With any sufficiently large application you start to realize how awful that
is, especially when something fails and the only log is 'EOF'.

I've learned to treat errors as first class citizens, because they are. I
always add an annotation and stack entry via wrappers before returning them.
Unless I'm missing something, that seems all but impossible with these
schemes.

------
leni536
Interestingly enough C++ has a recent proposal that converges to a similar
design from the other direction (i.e. exceptions).

[http://www.open-
std.org/jtc1/sc22/wg21/docs/papers/2018/p070...](http://www.open-
std.org/jtc1/sc22/wg21/docs/papers/2018/p0709r2.pdf)

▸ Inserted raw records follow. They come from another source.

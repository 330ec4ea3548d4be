-- ===== src/Tests/Store.antt =====
-- The store at concrete transactions and tables.
use mulligan.Base.{
  filter, not, ℕ, suc, ◌<◌, ◌≤◌, ◌≡◌, ◌↔◌, refl, Bool, true, false, ltb, ◌*◌, ◌^◌, inl, inr, Option,
  if◌then◌else◌, none, some, List, [], ◌∷◌, All, ok, err, ◌⊎◌, arith,
}
use mulligan.Base.Int.{ltb_ℤ, pos, ◌-ℤ◌}
use mulligan.Base.Text.{Bytes, codes, beq}
use mulligan.Base.Time.{unix, zero_time, second, is_zero, sub, unix_instant, clamp}
use mulligan.Change.{Op, Value, Event, Transaction, Checkpoint, is_schema_change}
use mulligan.Change.Filter.{Filter, match, matches_table}
use mulligan.Store.Schema.{
  Binding, Txn, GapRow, coverage_from, coverage_to, max_staleness_seconds, retention_seconds,
  number, Text, Tables, Sqlite, StoreError,
}
use mulligan.Store.Tx.{session, Faults, transact, call, read_only}
use mulligan.Store.Rows.{
  EncodedRow, row_of, encode_event, decode_event, encode_events, encode_image, decode_image, op_of,
  op_code,
}
use mulligan.Store.Append.{
  append_transaction, append_encoded, append_body, insert_if_new, insert_txn, has_source_id,
  insert_rows,
}
use mulligan.Store.Prune.{prune, has_txn}
use mulligan.Store.Coverage.{
  Coverage, check_coverage, check_holes, read_coverage, meta_int, parse_meta, coverage_start,
  check_gaps, check_misses, earliest, least, in_seconds, window_bounds, wrap_word,
}
use mulligan.Store.Read.{
  Stored, events, each_event, admit, collect, decode_stored, find_txn, join, oldest_first,
  scan_event,
}
use mulligan.Store.Status.{
  Report, Verdict, verdict, staleness, status, integrity, count_rowless, is_ahead, has_row, damage,
}
use mulligan.Store.Healthy.{status-admit}
use mulligan.Store.Atomic.{append_transaction-Atomic, prune-Atomic}
use mulligan.Store.Redelivery.{new_txn, deliveries, append_transaction-twice}
use mulligan.Store.History.{history, read_all, append_transaction-history}
use mulligan.Store.Kept.{seconds_before, prune-join}
use mulligan.Store.Source.{bind}
use mulligan.Store.Binding.{SameSource, bind-SameSource}
use mulligan.Store.Window.{Outside, Answerable, check_coverage-iff-Answerable}
use mulligan.Store.Events.{EventFits, stored_event, decode_event-encode_event}
use mulligan.Store.Wellformed.{Wellformed}
use mulligan.Store.Steps.{done, then_step, append, Reach-Wellformed, Reach-AtLeast}
use mulligan.Store.Marks.{AtLeast}
use mulligan.Store.Order.{push}
use mulligan.Store.Reading.{each_event-events}
use mulligan.Codec.Encode.{
  encode_columns, encode_row, append_values, append_value, append_columns, append_int,
  append_column, column_flags,
}
use mulligan.Codec.Varint.{
  append_varint, append_uvarint, uvarint_bytes, zigzag, from_le, unzigzag, uvarint_at,
}
use mulligan.Base.Sorting.{sort_by, insert}
use mulligan.Codec.Decode.{
  check_version, decode_columns, decode_row, len_prefixed, next, read_byte, read_column,
  read_columns, read_values, split_at, tagged, uvarint, value, varint,
}
use mulligan.Fidelity.Statements.{stored_images, map_image}
use mulligan.Codec.RoundTrip.Value.{stored}

-- The largest id, as SQLite gives the next one above it.
unfoldable pub top : List ℕ → ℕ
top [] = 0
top (i ∷ ids) = let rest = top ids in if ltb rest i then i else rest

above : (a b : ℕ) (ids : List ℕ) → a ≤ b → All (λ i. i < a) ids → All (λ i. i < b) ids
above a b [] h hs = tt
above a b (i ∷ ids) h (hi, hs) = (omega arith, above a b ids h hs)

pub top-All : (ids : List ℕ) → All (λ i. i < suc (top ids)) ids
unfolding top
top-All [] = tt
top-All (i ∷ ids) = (ground arith, above (suc (top ids)) _ ids (ground arith) (top-All ids))

abbrev pub sqlite : Sqlite
sqlite = record {
  new_rowid = λ ids. suc (top ids);
  new_rowid_fresh = top-All;
  cast_text = λ t. pos 0;
}

abbrev pub fold : Bytes → Bytes → Bool
fold = beq

abbrev pub no_tables : Tables
no_tables = record {
  txns = [];
  row_changes = [];
  gaps = [];
  misses = [];
  checkpoint = none;
  meta = λ k. none;
  source = none;
}

abbrev pub shipped : Event
shipped = record {
  schema = codes "shop";
  table = codes "orders";
  op = Op.update;
  columns = record { name = codes "id"; primary_key = true; read_only = false } ∷ [];
  before = some (Value.int32 (pos 1) ∷ []);
  after = some (Value.int32 (pos 2) ∷ []);
  log_file = codes "binlog.1";
  log_pos = 546;
  at = unix (pos 100);
  server_id = 1;
  query = [];
}

abbrev first_txn : Transaction
first_txn = record {
  source_id = codes "a:1";
  committed_at = unix (pos 100);
  server_id = 1;
  events = shipped ∷ [];
}

abbrev at_546 : Checkpoint
at_546 = record {
  log_file = codes "binlog.1";
  log_pos = 546;
  gtid = codes "a:1";
  updated_at = unix (pos 100);
}

abbrev pub second_fails : Faults
second_fails = false ∷ true ∷ []

abbrev one_txn : Tables
one_txn = (append_transaction sqlite first_txn at_546 no_tables []).0

append_transaction-Atomic_example :
    ((e : StoreError) × (append_transaction sqlite first_txn at_546 no_tables second_fails
        ≡ (no_tables, err e)))
    ⊎ (append_transaction sqlite first_txn at_546 no_tables second_fails
        ≡ append_transaction sqlite first_txn at_546 no_tables [])
append_transaction-Atomic_example =
    append_transaction-Atomic sqlite first_txn at_546 no_tables second_fails

prune-Atomic_example :
    ((e : StoreError) × (prune sqlite (unix (pos 900)) one_txn second_fails ≡ (one_txn, err e)))
    ⊎ (prune sqlite (unix (pos 900)) one_txn second_fails
        ≡ prune sqlite (unix (pos 900)) one_txn [])
prune-Atomic_example = prune-Atomic sqlite (unix (pos 900)) one_txn second_fails

append_transaction-is_ok : (append_transaction sqlite first_txn at_546 no_tables []).1 ≡ ok tt
unfolding append_transaction append_encoded encode_events encode_event encode_columns encode_image
    encode_row append_values append_value transact call append_body insert_if_new insert_txn
    has_source_id insert_rows
append_transaction-is_ok = refl

-- Another transaction between the two deliveries of the first.
abbrev between : List (Transaction × Checkpoint × Faults)
between = (record first_txn { source_id = codes "a:2" }, at_546, []) ∷ []

append_transaction-twice_example :
    ((append_transaction sqlite first_txn at_546 (deliveries sqlite between one_txn) []).0.txns
      ≡ (deliveries sqlite between one_txn).txns)
    × ((append_transaction sqlite first_txn at_546
          (deliveries sqlite between one_txn)
          []).0.row_changes
        ≡ (deliveries sqlite between one_txn).row_changes)
append_transaction-twice_example =
    append_transaction-twice sqlite first_txn at_546 at_546 no_tables [] [] between
      append_transaction-is_ok

abbrev covered : Coverage
covered = record {
  from = unix (pos 50);
  to = unix (pos 100);
  max_staleness = pos (300 * second);
  retention = pos 0;
}

abbrev pub whole : Filter
whole = record { tables = []; from = zero_time; to = zero_time }

abbrev outage : GapRow
outage = record { from_at = pos 10; to_at = pos 20; reason = codes "restart" }

check_coverage-iff-Answerable_example :
    (check_coverage covered whole (unix (pos 200)) (outage ∷ []) [] ≡ ok tt)
    ↔ Answerable covered whole (unix (pos 200)) (outage ∷ []) []
check_coverage-iff-Answerable_example =
    check_coverage-iff-Answerable covered whole (unix (pos 200)) (outage ∷ []) []

abbrev pub shipped_txn : Txn
shipped_txn = record { id = 1; source_txn_id = codes "a:1"; committed_at = pos 100; server_id = 1 }

abbrev pub no_rows : Wellformed no_tables
no_rows = (tt, tt, tt, tt)

Reach-Wellformed_example : Wellformed one_txn
Reach-Wellformed_example =
    Reach-Wellformed sqlite (λ d. pos 0) no_rows
      (then_step (done no_tables) (append first_txn at_546 no_tables []))

abbrev marked : Tables
marked = record no_tables { meta = λ k. some (number (pos 7)) }

Reach-AtLeast_example :
    AtLeast sqlite
      (pos 7)
      ((append_transaction sqlite first_txn at_546 marked []).0.meta coverage_to)
Reach-AtLeast_example =
    Reach-AtLeast sqlite (λ d. pos 0) coverage_to (pos 7) tt marked_at_7
      (then_step (done marked) (append first_txn at_546 marked []))
  where
    marked_at_7 : AtLeast sqlite (pos 7) (marked.meta coverage_to)
    marked_at_7 = omega arith

abbrev stored_row : EncodedRow
stored_row = record {
  schema = codes "shop";
  table = codes "orders";
  op = Op.update;
  log_file = codes "binlog.1";
  log_pos = 546;
  query = none;
  columns = 1 ∷ 1 ∷ 2 ∷ b'i' ∷ b'd' ∷ 1 ∷ [];
  before = 1 ∷ 1 ∷ 1 ∷ 2 ∷ [];
  after = 1 ∷ 1 ∷ 1 ∷ 4 ∷ [];
  has_before = true;
  has_after = true;
}

shipped-EventFits : EventFits shipped
shipped-EventFits = omega arith

encode_event-shipped : encode_event shipped ≡ ok stored_row
unfolding encode_event encode_columns encode_image encode_row append_values append_value
    append_columns append_int append_column append_varint append_uvarint uvarint_bytes column_flags
    zigzag
encode_event-shipped = refl

decode_event-encode_event_example :
    decode_event shipped_txn (row_of 1 1 stored_row) ≡ ok (stored_event shipped_txn shipped)
decode_event-encode_event_example =
    decode_event-encode_event shipped shipped_txn 1 1 shipped-EventFits encode_event-shipped

abbrev pub logged : Tables
logged = record no_tables {
  txns = shipped_txn ∷ [];
  row_changes = row_of 1 1 stored_row ∷ [];
  meta = λ k. elim k [
    | coverage_from ↦ some (number (pos 50))
    | coverage_to ↦ some (number (pos 100))
    | max_staleness_seconds ↦ none
    | retention_seconds ↦ none
  ];
}

pub logged-Wellformed : Wellformed logged
unfolding has_txn row_of has_source_id
logged-Wellformed = ((tt, tt), (tt, tt), (refl, tt), (refl, tt))

pub events-logged :
    events fold whole (unix (pos 200)) logged [] ≡ ok (stored_event shipped_txn shipped ∷ [])
unfolding events read_only call admit read_coverage meta_int parse_meta coverage_start
    check_coverage is_zero unix_instant sub clamp ◌-ℤ◌ check_holes check_gaps check_misses sort_by
    insert match matches_table is_schema_change check_version decode_columns decode_row len_prefixed
    next read_byte read_column read_columns read_values split_at tagged uvarint value varint from_le
    unzigzag mulligan.Codec.Varint.uvarint uvarint_at mulligan.Codec.Varint.varint earliest least
    in_seconds window_bounds collect decode_stored find_txn join oldest_first scan_event
    decode_event decode_image op_of row_of op_code stored_event stored_images map_image stored
events-logged = refl

each_event-events_example :
    each_event fold {E = Bytes} whole (unix (pos 200)) push logged [] []
    ≡ (stored_event shipped_txn shipped ∷ [], ok tt)
each_event-events_example =
    each_event-events fold {E = Bytes} whole (unix (pos 200)) logged logged-Wellformed events-logged

abbrev restarted : Tables
restarted = record logged { gaps = outage ∷ [] }

abbrev report : Report
report = record {
  coverage = covered;
  stale = staleness (unix (pos 200)) covered;
  gaps = outage ∷ [];
  misses = [];
  bound = none;
  problems = [];
}

status-restarted : status (unix (pos 200)) [] restarted [] ≡ ok report
unfolding status read_only call read_coverage meta_int parse_meta coverage_start integrity
    count_rowless is_ahead staleness is_zero unix_instant sub clamp ◌-ℤ◌ in_seconds wrap_word
    sort_by damage insert has_row row_of
status-restarted = refl

report-healthy : verdict report ≡ Verdict.healthy
unfolding verdict is_zero unix_instant staleness sub clamp ◌-ℤ◌
report-healthy = refl

whole-unbounded : is_zero zero_time ≡ true
unfolding is_zero
whole-unbounded = refl

outage-Outside : Outside covered whole (unix (pos 10)) (unix (pos 20))
unfolding unix_instant
outage-Outside = inr (inl (whole-unbounded, omega arith))

status-admit_example :
    admit whole (unix (pos 200)) (session restarted []) ≡ ok (tt, session restarted [])
status-admit_example =
    status-admit (unix (pos 200)) [] restarted whole status-restarted report-healthy whole-unbounded
      whole-unbounded (outage-Outside, tt) tt

encode_events-shipped : encode_events 0 (shipped ∷ []) ≡ ok (stored_row ∷ [])
unfolding encode_events
encode_events-shipped = rw (encode_event-shipped) refl

history-no_tables : history no_tables ≡ ok []
unfolding history read_all join
history-no_tables = refl

nothing_stored : has_source_id (codes "a:1") [] ≡ false
unfolding has_source_id
nothing_stored = refl

append_transaction-history_example :
    history one_txn ≡ ok (stored_event (new_txn sqlite first_txn no_tables) shipped ∷ [])
append_transaction-history_example =
    append_transaction-history sqlite first_txn at_546 no_tables no_rows nothing_stored
      (shipped-EventFits, tt) encode_events-shipped history-no_tables

abbrev rolling : Tables
rolling = record logged {
  meta = λ k. elim k [
    | coverage_from ↦ some (number (pos 50))
    | coverage_to ↦ some (number (pos 100))
    | max_staleness_seconds ↦ none
    | retention_seconds ↦ some (number (pos 500))
  ];
}

rolling-brief :
    (n : ℕ) → rolling.meta retention_seconds ≡ some (number (pos n)) → n * second < 2 ^ 63
rolling-brief n h = let q : 500 ≡ n = same h in omega (arith, q)
  where
    same : ◌≡◌ {A = Option Text} (some (number (pos 500))) (some (number (pos n))) → 500 ≡ n
    same p = cc

prune-join_example :
    (join
        (prune sqlite (unix (pos 900)) rolling []).0.txns
        (prune sqlite (unix (pos 900)) rolling []).0.row_changes
      ≡ join rolling.txns rolling.row_changes)
    ⊎ ((n : ℕ) × (rolling.meta retention_seconds ≡ some (number (pos (suc n))))
        × (join
              (prune sqlite (unix (pos 900)) rolling []).0.txns
              (prune sqlite (unix (pos 900)) rolling []).0.row_changes
            ≡ filter
                (λ (s : Stored).
                  not (ltb_ℤ s.txn.committed_at (seconds_before sqlite (suc n) (unix (pos 900)))))
                (join rolling.txns rolling.row_changes)))
prune-join_example = prune-join sqlite (unix (pos 900)) rolling [] logged-Wellformed rolling-brief

abbrev primary : Binding
primary = record {
  flavor = codes "mysql";
  server_identity = codes "uuid-1";
  gtid_dialect = codes "mysql";
  decode_fingerprint = codes "v1";
}

abbrev replica : Binding
replica = record primary { server_identity = codes "uuid-2" }

abbrev followed : Tables
followed = record no_tables { source = some primary }

bind-SameSource_example :
    ((bind replica followed second_fails).0 ≡ followed)
    × (((bind replica followed []).1 ≡ ok tt) ↔ SameSource primary replica)
bind-SameSource_example = bind-SameSource primary replica followed second_fails refl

It's still a lot more implicit than go's design, as it's meant to be
compatible with regular exceptions.

------
Insanity
I love Go, but error handling can become cumbersome. Though, I also think a
lot of that feeling is because at the codebase I'm working on we return too
many errors in a strange way.

We're returning pointers almost everywhere along with an error, even simple
methods that could do fine without. But the n you feel obligated to check them
instead of ignore them, just in case someone does change the implementation of
the simple function.

I feel like in some of the projects I wrote for myself, I use a lot less error
handling and then I don't mind the 'if err != nil' approach anymore.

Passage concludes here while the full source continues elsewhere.